# Robert Duncan Culver - Systematic Theology



## Jesus is my friend (Mar 28, 2013)

This seems like a great read and is on it's way from my bookseller,I am very excited for this primarily as a reference,the topic was posted 6 years ago with no comments,but Systematic's have been growing in publication since and I thought it would be helpful to gain some insight on this absolutely massive book.-Thanks for your help!

Systematic Theology: Biblical and Historical: Culver Robert Duncan: 9781845500498: Amazon.com: Books

an interview from the publisher from 2012 (at 95yrs old-still sharp!)


Author Interview - Robert Duncan Culver | Christian Focus Booknotes


and lastly a more personal interview from Desiring God this week

The Old Man and His Big*Book - Desiring God


----------



## RamistThomist (Mar 29, 2013)

that personal interview was really encouraging.


----------



## Marrow Man (Mar 29, 2013)

He's still alive? That's great! I had his son (Douglas) as a Hebrew and OT professor in seminary. Even have an award in Hebrew named for my prof's mother (RDC's wife) still on my wall. His son was a good and godly man who died suddenly of a heart attack about 6 or 7 years ago. But good to see the father is still around.


----------



## Pilgrim (Mar 29, 2013)

Excellent. One of the best published in recent years. It's very useful for reference purposes since he gets into historical theology and doctrinal development as well. Whether one agrees more with one or the other, in most places he is much more thorough and detailed than Grudem, for example. Occasionally he writes things that are laugh out loud funny. In that sense it's perhaps more like a ST lecture than most conventional ST's. Of all of the recent ST's published in recent years that are in the Reformed tradition, broadly speaking, Horton's is the only one that rivals it in terms of size and material. 

To be sure he isn't confessional, but he's Calvinistic and also isn't a conventional dispensationalist. At best by the standards of this board he could maybe be considered to be progressive dispensational (in the sense that he's not covenantal) but he rejects both terms. It's possible that that's because he came to his views about 30 years or more before PD was hashed out by men who in some cases were probably 25-40 years his junior. He takes no position on the timing of the rapture but seems to lean against pre-trib. 

Not only is the book large but the print is small. It probably would have been better for it to have been a 2 vol. work. That would have given him more space to delve deeper on certain issues. But the decision had been made for it to be one vol. which is probably also why the print is small. My eyes aren't what they used to be but I still find it readable.


----------



## Pilgrim (Mar 29, 2013)

Marrow Man said:


> He's still alive? That's great! I had his son (Douglas) as a Hebrew and OT professor in seminary. Even have an award in Hebrew named for my prof's mother (RDC's wife) still on my wall. His son was a good and godly man who died suddenly of a heart attack about 6 or 7 years ago. But good to see the father is still around.

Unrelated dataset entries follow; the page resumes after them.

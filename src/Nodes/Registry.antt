-- ===== src/Nodes/Registry.antt =====
-- `NodeRegistry` of src/node_registry.rs. NOW() is a reading of the clock of its own; inside a
-- transaction it is the time of its beginning. The whole seconds of a timeout stay below 2 ^ 62, so
-- that they and their double fit in an i64.
use hostinger.Prelude.{
  ℕ, ◌+◌, ◌*◌, ◌/◌, String, Bool, true, false, not, ◌||◌, Option, none, some, List, [], ◌∷◌, map,
  ◌==◌, str_append, to_string, if◌then◌else◌,
}
use hostinger.Prelude.Words.{ℤ, whole_seconds, at_least, show_ℤ}
use hostinger.Exec.{
  Exec, pure, raise, or_raise, read, write, try_write, transaction, new_uuid, now_utc, ◌>>=◌, ◌>>◌,
}
use hostinger.Agent.Commands.{
  NodeStatus, online, degraded, draining, offline, RegisterNodeCommand, RegisterNodeResponse,
  HeartbeatCommand, HeartbeatResponse,
}
use hostinger.Nodes.Record.{
  NodeRegistryError, database, invalid_capacity, node_not_found, epoch_mismatch, version_conflict,
  NodeRow, NodeRecord, NodeEventRecord, from_pg_row, status_to_str,
}
use hostinger.Nodes.Tables.{
  NodeTables, has_node, at_version, beat, update_nodes, upsert_node, node_by_id, rotate_epoch,
  insert_event, silent_nodes, active_nodes, nodes_by_age, events_of,
}

abbrev pub NodeAction : Type 0 → Type 0
NodeAction A = Exec NodeTables NodeRegistryError A

abbrev pub has_no_capacity : RegisterNodeCommand → Bool
has_no_capacity cmd =
    cmd.capacity.cpu_millicores == 0
    || cmd.capacity.memory_bytes == 0
    || cmd.capacity.max_releases == 0

unfoldable pub register_node : RegisterNodeCommand → NodeAction RegisterNodeResponse
register_node cmd = if has_no_capacity cmd then raise invalid_capacity else do
  now ← now_utc
  epoch ← write database (upsert_node cmd now)
  pure (record { registered = true; assigned_epoch = epoch })

unfoldable pub get_node : ℕ → NodeAction (Option NodeRecord)
get_node node_id = do
  row ← read database (node_by_id node_id)
  pure (elim row [ none ↦ none | some r ↦ some (from_pg_row r) ])

-- `record_heartbeat` after its read of the node.
unfoldable pub apply_heartbeat : HeartbeatCommand → NodeRecord → NodeAction HeartbeatResponse
apply_heartbeat cmd node =
    if not (cmd.epoch == node.epoch) then raise (epoch_mismatch node.epoch cmd.epoch) else do
      now ← now_utc
      updated ←
          try_write database (update_nodes (at_version cmd.node_id node.version) (beat cmd now))
      if updated
          then pure (record { acknowledged = true; drain_requested = node.is_draining })
          else raise (version_conflict cmd.node_id)

unfoldable pub record_heartbeat : HeartbeatCommand → NodeAction HeartbeatResponse
record_heartbeat cmd = do
  found ← get_node cmd.node_id
  node ← or_raise found (node_not_found cmd.node_id)
  apply_heartbeat cmd node

-- INSERT INTO node_events with a fresh id
unfoldable pub log_event : ℕ → ℕ → NodeStatus → NodeStatus → Option String → NodeAction (Unit {0})
log_event now node_id from_status to_status reason = do
  event_id ← new_uuid
  try_write database (
      insert_event (record {
        id = event_id;
        node_id = node_id;
        from_status = status_to_str from_status;
        to_status = status_to_str to_status;
        reason = reason;
        created_at = now;
      }))

abbrev pub drain_status : Bool → NodeStatus
drain_status drains = if drains then draining else online

abbrev pub drained : Bool → ℕ → NodeRow → Option NodeRow
drained drains now r = some (record r {
  is_draining = drains;
  status = status_to_str (drain_status drains);
  updated_at = now;
})

unfoldable pub set_drain : ℕ → Bool → Option String → NodeAction (Unit {0})
set_drain node_id drains reason = do
  found ← get_node node_id
  node ← or_raise found (node_not_found node_id)
  now ← now_utc
  transaction database (do
    try_write database (update_nodes (has_node node_id) (drained drains now))
    log_event now node_id node.status (drain_status drains) reason)

abbrev pub enabled_row : Bool → ℕ → NodeRow → Option NodeRow
enabled_row enabled now r = some (record r { is_enabled = enabled; updated_at = now })

unfoldable pub enabled_reason : Bool → Option String → String
enabled_reason enabled reason = str_append "Node " (
    str_append (if enabled then "enabled" else "disabled") (
      str_append " by operator: " (elim reason [ none ↦ "no reason provided" | some text ↦ text ])))

unfoldable pub set_enabled : ℕ → Bool → Option String → NodeAction (Unit {0})
set_enabled node_id enabled reason = do
  found ← get_node node_id
  node ← or_raise found (node_not_found node_id)
  now ← now_utc
  transaction database (do
    try_write database (update_nodes (has_node node_id) (enabled_row enabled now))
    log_event now node_id node.status node.status (some (enabled_reason enabled reason)))

unfoldable pub rotate_node_identity : ℕ → String → NodeAction ℕ
rotate_node_identity node_id new_token_hash = do
  now ← now_utc
  new_epoch ← try_write database (rotate_epoch node_id new_token_hash now)
  or_raise new_epoch (node_not_found node_id)

abbrev pub as_secs : ℕ → ℕ
as_secs d = d / 1_000_000_000

abbrev pub same_status : NodeStatus → NodeStatus → Bool
same_status online online = true
same_status degraded degraded = true
same_status draining draining = true
same_status offline offline = true
same_status _ _ = false

abbrev pub silent_status : ℤ → ℕ → NodeStatus
silent_status elapsed_secs timeout_secs =
    if at_least elapsed_secs (timeout_secs * 2) then offline else degraded

unfoldable pub expiry_reason : ℤ → ℕ → String
expiry_reason elapsed_secs timeout_secs = str_append "Heartbeat expired: elapsed " (
    str_append (show_ℤ elapsed_secs)
      (str_append "s exceeds threshold " (str_append (to_string timeout_secs) "s")))

abbrev pub with_node_status : NodeStatus → ℕ → NodeRow → Option NodeRow
with_node_status status now r = some (record r { status = status_to_str status; updated_at = now })

-- One silent node: how much it adds to the count.
unfoldable pub demote : ℕ → ℕ → NodeRecord → NodeAction ℕ
demote timeout_secs now node =
    let elapsed_secs = whole_seconds now node.last_heartbeat_at in
    let target_status = silent_status elapsed_secs timeout_secs in
    if not (same_status target_status node.status)
    then (do
      begun ← now_utc
      transaction database (do
        try_write database (update_nodes (has_node node.id) (with_node_status target_status begun))
        log_event begun node.id node.status target_status
            (some (expiry_reason elapsed_secs timeout_secs)))
      pure 1)
    else pure 0

unfoldable pub demote_all : ℕ → ℕ → ℕ → List NodeRow → NodeAction ℕ
demote_all timeout_secs now transitioned [] = pure transitioned
demote_all timeout_secs now transitioned (raw ∷ rows) = do
  more ← demote timeout_secs now (from_pg_row raw)
  demote_all timeout_secs now (transitioned + more) rows

unfoldable pub evaluate_health_and_expiry : ℕ → NodeAction ℕ
evaluate_health_and_expiry heartbeat_timeout = do
  db_now ← now_utc
  rows ← read database (silent_nodes (as_secs heartbeat_timeout) db_now)
  now ← now_utc
  demote_all (as_secs heartbeat_timeout) now 0 rows

unfoldable pub list_active_nodes : ℕ → NodeAction (List NodeRecord)
list_active_nodes heartbeat_timeout = do
  now ← now_utc
  rows ← read database (active_nodes (as_secs heartbeat_timeout) now)
  pure (map from_pg_row rows)

unfoldable pub list_all_nodes : NodeAction (List NodeRecord)
list_all_nodes = do rows ← read database nodes_by_age; pure (map from_pg_row rows)

unfoldable pub get_node_events : ℕ → NodeAction (List NodeEventRecord)
get_node_events node_id = read database (events_of node_id)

He still preaches too and reportedly was working his farm until just a few years ago.


----------



## Marrow Man (Mar 29, 2013)

Wow! Those hearty Nordic types put folks like me to shame. And I grew up on a farm!


----------



## Jesus is my friend (Mar 29, 2013)

Thanks so much for the helpful replies,I so admire the saints that have walked with Jesus for so many years and all the experiences the have to teach us.

I enjoy the seeming conversational style of this book,very engaging!


----------



## lynnie (Mar 29, 2013)

Hi- I started reading Culver's ST about a year and a half ago during one of the worst times in my life. Our daughter's birth mom had appeared in Romania and made brief contact, after years of my daughter struggling with having been abandoned, and it threw her into an identity crisis and emotional chaos like nothing I had ever seen, with accompanying behaviors that blew me away. I should mention that a year ago she surrendered her life to the Lord, and the change is astonishing. I would never have believed in one year that someone her age could change to so much desire to live for the Lord. Glory to God alone. 

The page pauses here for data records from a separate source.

-- ===== src/Nodes/History.antt =====
-- How the rows of `nodes` may change.
use hostinger.Prelude.{
  ℕ, ◌^◌, ◌≤◌, ◌<◌, ◌≡◌, refl, sym, ◌∙◌, subst, inl, inr, Bool, Option, some, List, [], ◌∷◌, arith,
  ◌==◌, find, if◌then◌else◌, Bool-cases, Option-cases,
}
use hostinger.Prelude.Rows.{Grows, added, kept, IsHistory, Grows-refl, Grows-trans}
use hostinger.Exec.Moves.{IsPreorder}
use hostinger.Nodes.Record.{NodeRow}
use hostinger.Nodes.Tables.{NodeTables, has_node, update_checked}

-- The node keeps its id, and its epoch does not go back.
abbrev pub NodeStep : NodeRow → NodeRow → Type 0
NodeStep r r' = (r'.id ≡ r.id) × (r.epoch < 2 ^ 63 → (r'.epoch < 2 ^ 63) × (r.epoch ≤ r'.epoch))

-- A node starts in epoch 1; from there its epoch is an i64 that is not negative.
abbrev pub IsSettled : NodeRow → Type 0
IsSettled r = (1 ≤ r.epoch) × (r.epoch < 2 ^ 63)

pub node_history : IsHistory IsSettled NodeStep
node_history = record {
  reflexive = λ r. (refl, λ h. (h, omega arith));
  transitive = λ r s t a b.
      (b.0 ∙ a.0, λ h. let (k, l) = a.1 h in let (m, n) = b.1 k in (m, omega (arith, l, n)));
  born = λ r s (l, h) a. let (k, m) = a.1 h in (omega (arith, l, m), k);
}

abbrev pub NodesGrow : List NodeRow → List NodeRow → Type 0
NodesGrow = Grows IsSettled NodeStep

abbrev pub Growing : NodeTables → NodeTables → Type 0
Growing t t' = NodesGrow t.nodes t'.nodes

pub Growing-IsPreorder : IsPreorder Growing
Growing-IsPreorder = record {
  reflexive = λ t. Grows-refl node_history t.nodes;
  transitive = λ a b c f g. Grows-trans node_history f g;
}

-- What one row of a checked update became.
pub update_checked_cases :
    {A : Type 0} (p : A → Bool) (f : A → Option A) (x : A) (xs ys : List A)
    → update_checked p f (x ∷ xs) ≡ some ys
    → (y : A) × (zs : List A) × (ys ≡ y ∷ zs)
      × ((if p x then f x else some x) ≡ some y)
      × (update_checked p f xs ≡ some zs)
update_checked_cases p f x xs ys h = elim (Option-cases (if p x then f x else some x)) [
  | inl e ↦ absurd (ground (arith, h, e))
  | inr (y, e) ↦ elim (Option-cases (update_checked p f xs)) [
    | inl e' ↦ absurd (ground (arith, h, e, e'))
    | inr (zs, e') ↦ (y, zs, ground (arith, h, e, e'), e, e')
  ]
]

abbrev pub RowSteps : (NodeRow → Option NodeRow) → Type 0
RowSteps f = (r r' : NodeRow) → f r ≡ some r' → NodeStep r r'

pub update_checked-Grows :
    (p : NodeRow → Bool) (f : NodeRow → Option NodeRow)
    → RowSteps f
    → (rs rs' : List NodeRow) → update_checked p f rs ≡ some rs'
    → NodesGrow rs rs'
update_checked-Grows p f step [] rs' h =
    let same : [] ≡ rs' = ground arith in subst (λ x. NodesGrow [] x) same (added tt)
update_checked-Grows p f step (r ∷ rs) rs' h =
    let (y, zs, e, this, rest) = update_checked_cases p f r rs rs' h in
    subst (λ x. NodesGrow (r ∷ rs) x) (sym e)
      (kept (row_step p f step r y this) (update_checked-Grows p f step rs zs rest))
  where
    row_step :
        (p : NodeRow → Bool) (f : NodeRow → Option NodeRow)
        → RowSteps f
        → (r y : NodeRow) → (if p r then f r else some r) ≡ some y
        → NodeStep r y
    row_step p f step r y this = elim (Bool-cases (p r)) [
      | inl e ↦ step r y (rw e at this)
      | inr e ↦
          let same : r ≡ y = ground (arith, this, e) in
          subst (λ x. NodeStep r x) same (node_history.reflexive r)
    ]

-- A node that is found stays found.
pub find_grown :
    (i : ℕ) {rs rs' : List NodeRow} (x : NodeRow)
    → NodesGrow rs rs'
    → find (has_node i) rs ≡ some x
    → (x' : NodeRow) × (find (has_node i) rs' ≡ some x') × NodeStep x x'
find_grown i x (added k) h = cc
find_grown i x (kept {r} {r'} s g) h = elim (Bool-cases (r.id == i)) [
  | inl e ↦
      let same : r ≡ x = ground (arith, h, e) in
      (r', ground (arith, e, s.0), subst (λ y. NodeStep y r') same s)
  | inr e ↦
      let (x', found, m) = find_grown i x g (ground (arith, h, e)) in
      (x', ground (arith, e, found, s.0), m)
]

I started with the Christology and would read a chapter and then go back and reread parts. It was like a lifeline to calm during those dark days. All the focus on Jesus- while in this constant fight- was just wonderful. What a great book.

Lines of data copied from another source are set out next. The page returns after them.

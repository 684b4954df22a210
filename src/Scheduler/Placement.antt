-- ===== src/Scheduler/Placement.antt =====
-- The data of src/scheduler.rs, and its SQL statements on placements and on the usage of nodes. A
-- HashSet is the list of its elements.
use hostinger.Prelude.{
  ℕ, String, Bool, not, ◌&&◌, ◌||◌, Option, none, some, List, [], ◌∷◌, ◌++◌, ◌==◌, ltb, str_eq,
  select, update, any, if◌then◌else◌,
}
use hostinger.Prelude.Order.{order_by_desc}
use hostinger.Prelude.Words.{i64_add, i64_greatest_sub, i32_succ, i32_greatest_pred}
use hostinger.Nodes.Record.{NodeRow, PlacementRow}
use hostinger.Nodes.Tables.{NodeTables, has_node, update_checked}

-- `panicked` is no value of the source's enum: it is a panic, after which nothing is returned.
pub data SchedulerError : Type 0 where
  database insufficient_capacity panicked : SchedulerError
  placement_not_found : ℕ → SchedulerError

pub data PlacementStatus : Type 0 where
  placed active stopped failed : PlacementStatus

unfoldable pub as_str : PlacementStatus → String
as_str placed = "placed"
as_str active = "active"
as_str stopped = "stopped"
as_str failed = "failed"

-- Any other text counts as placed.
unfoldable pub parse : String → PlacementStatus
parse s =
    if str_eq s "active"
    then active
    else if str_eq s "stopped"
    then stopped
    else if str_eq s "failed"
    then failed
    else placed

pub record PlacementRequest : Type 0 where
  pub release_id : ℕ
  pub deployment_id : ℕ
  pub project_id : ℕ
  pub required_cpu_millicores : ℕ  -- u64
  pub required_memory_bytes : ℕ  -- u64
  pub candidate_nodes : Option (List ℕ)
  pub anti_affinity_nodes : List ℕ

pub record RescheduleRequest : Type 0 where
  pub release_id : ℕ
  pub failed_node_id : ℕ
  pub required_cpu_millicores : ℕ  -- u64
  pub required_memory_bytes : ℕ  -- u64
  pub candidate_nodes : Option (List ℕ)
  pub lease_duration : ℕ

pub record PlacementDecision : Type 0 where
  pub release_id : ℕ
  pub selected_node_id : ℕ
  pub lease_id : ℕ
  pub allocated_cpu_millicores : ℕ  -- u64
  pub allocated_memory_bytes : ℕ  -- u64
  pub lease_expires_at : ℕ

pub record PlacementRecord : Type 0 where
  pub id : ℕ
  pub release_id : ℕ
  pub node_id : ℕ
  pub operation_lease_id : ℕ
  pub status : PlacementStatus
  pub cpu_allocated_millicores : ℕ  -- u64
  pub memory_allocated_bytes : ℕ  -- u64
  pub lease_expires_at : ℕ
  pub created_at : ℕ
  pub updated_at : ℕ

unfoldable pub from_placement_row : PlacementRow → PlacementRecord
from_placement_row r = record {
  id = r.id;
  release_id = r.release_id;
  node_id = r.node_id;
  operation_lease_id = r.operation_lease_id;
  status = parse r.status;
  cpu_allocated_millicores = r.cpu_allocated_millicores;
  memory_allocated_bytes = r.memory_allocated_bytes;
  lease_expires_at = r.lease_expires_at;
  created_at = r.created_at;
  updated_at = r.updated_at;
}

-- INSERT INTO placements (...) VALUES (...), where node_id references nodes(id)
unfoldable pub insert_placement : PlacementRow → NodeTables → Option (Unit {0} × NodeTables)
insert_placement row t =
    if any (λ (p : PlacementRow). p.id == row.id) t.placements
      || not (any (has_node row.node_id) t.nodes)
    then none
    else some (tt, record t { placements = t.placements ++ row ∷ [] })

-- SET cpu_used_millicores = cpu_used_millicores + $1, ..., running_releases_count = ... + 1
abbrev pub charged : ℕ → ℕ → ℕ → NodeRow → Option NodeRow
charged cpu mem now r = elim (i64_add r.cpu_used_millicores cpu) [
  | none ↦ none
  | some c ↦ elim (i64_add r.memory_used_bytes mem) [
    | none ↦ none
    | some m ↦ elim (i32_succ r.running_releases_count) [
      | none ↦ none
      | some n ↦ some (record r {
        cpu_used_millicores = c;
        memory_used_bytes = m;
        running_releases_count = n;
        updated_at = now;
      })
    ]
  ]
]

-- SET cpu_used_millicores = GREATEST(0, cpu_used_millicores - $1), ...
abbrev pub discharged : ℕ → ℕ → ℕ → NodeRow → Option NodeRow
discharged cpu mem now r = elim (i64_greatest_sub r.cpu_used_millicores cpu) [
  | none ↦ none
  | some c ↦ elim (i64_greatest_sub r.memory_used_bytes mem) [
    | none ↦ none
    | some m ↦ elim (i32_greatest_pred r.running_releases_count) [
      | none ↦ none
      | some n ↦ some (record r {
        cpu_used_millicores = c;
        memory_used_bytes = m;
        running_releases_count = n;
        updated_at = now;
      })
    ]
  ]
]

-- UPDATE nodes SET ... WHERE id = $3
unfoldable pub update_usage :
    ℕ → (NodeRow → Option NodeRow) → NodeTables → Option (Unit {0} × NodeTables)
update_usage node_id f t = elim (update_checked (has_node node_id) f t.nodes) [
  | none ↦ none
  | some rows ↦ some (tt, record t { nodes = rows })
]

abbrev first : {A : Type 0} → List A → Option A
first [] = none
first (x ∷ xs) = some x

-- SELECT ... FROM placements WHERE release_id = $1 ORDER BY created_at DESC LIMIT 1
unfoldable pub latest_placement : ℕ → NodeTables → Option PlacementRow
latest_placement release_id t =
    first
      (order_by_desc (λ p. p.created_at) (select (λ p. p.release_id == release_id) t.placements))

abbrev pub with_placement_status : String → ℕ → PlacementRow → PlacementRow
with_placement_status status now p = record p { status = status; updated_at = now }

-- UPDATE placements SET status = ..., updated_at = NOW() WHERE ...
unfoldable pub update_placements : (PlacementRow → Bool) → String → ℕ → NodeTables → NodeTables
update_placements p status now t = record t {
  placements = update p (with_placement_status status now) t.placements;
}

-- SELECT ... WHERE status = 'placed' AND lease_expires_at < NOW()
unfoldable pub expired_placements : ℕ → NodeTables → List PlacementRow
expired_placements now t =
    select (λ p. str_eq p.status "placed" && ltb p.lease_expires_at now) t.placements

-- SELECT ... FROM placements WHERE node_id = $1 ORDER BY created_at DESC
unfoldable pub placements_on : ℕ → NodeTables → List PlacementRow
placements_on node_id t =
    order_by_desc (λ p. p.created_at) (select (λ p. p.node_id == node_id) t.placements)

I later read the chapters about God and now I am reading through the part on the church. I took a long break for Bavinck, but he is so detailed and into explaining so much error, and it was almost too hard to read, that I gave up and went back to Culver. I love it, especially all the history he works in. I did read a lot of Grudem and recommend it, but Culver is far better I think for people who like to read.

Enjoy your book!

Reactions: Like 1


----------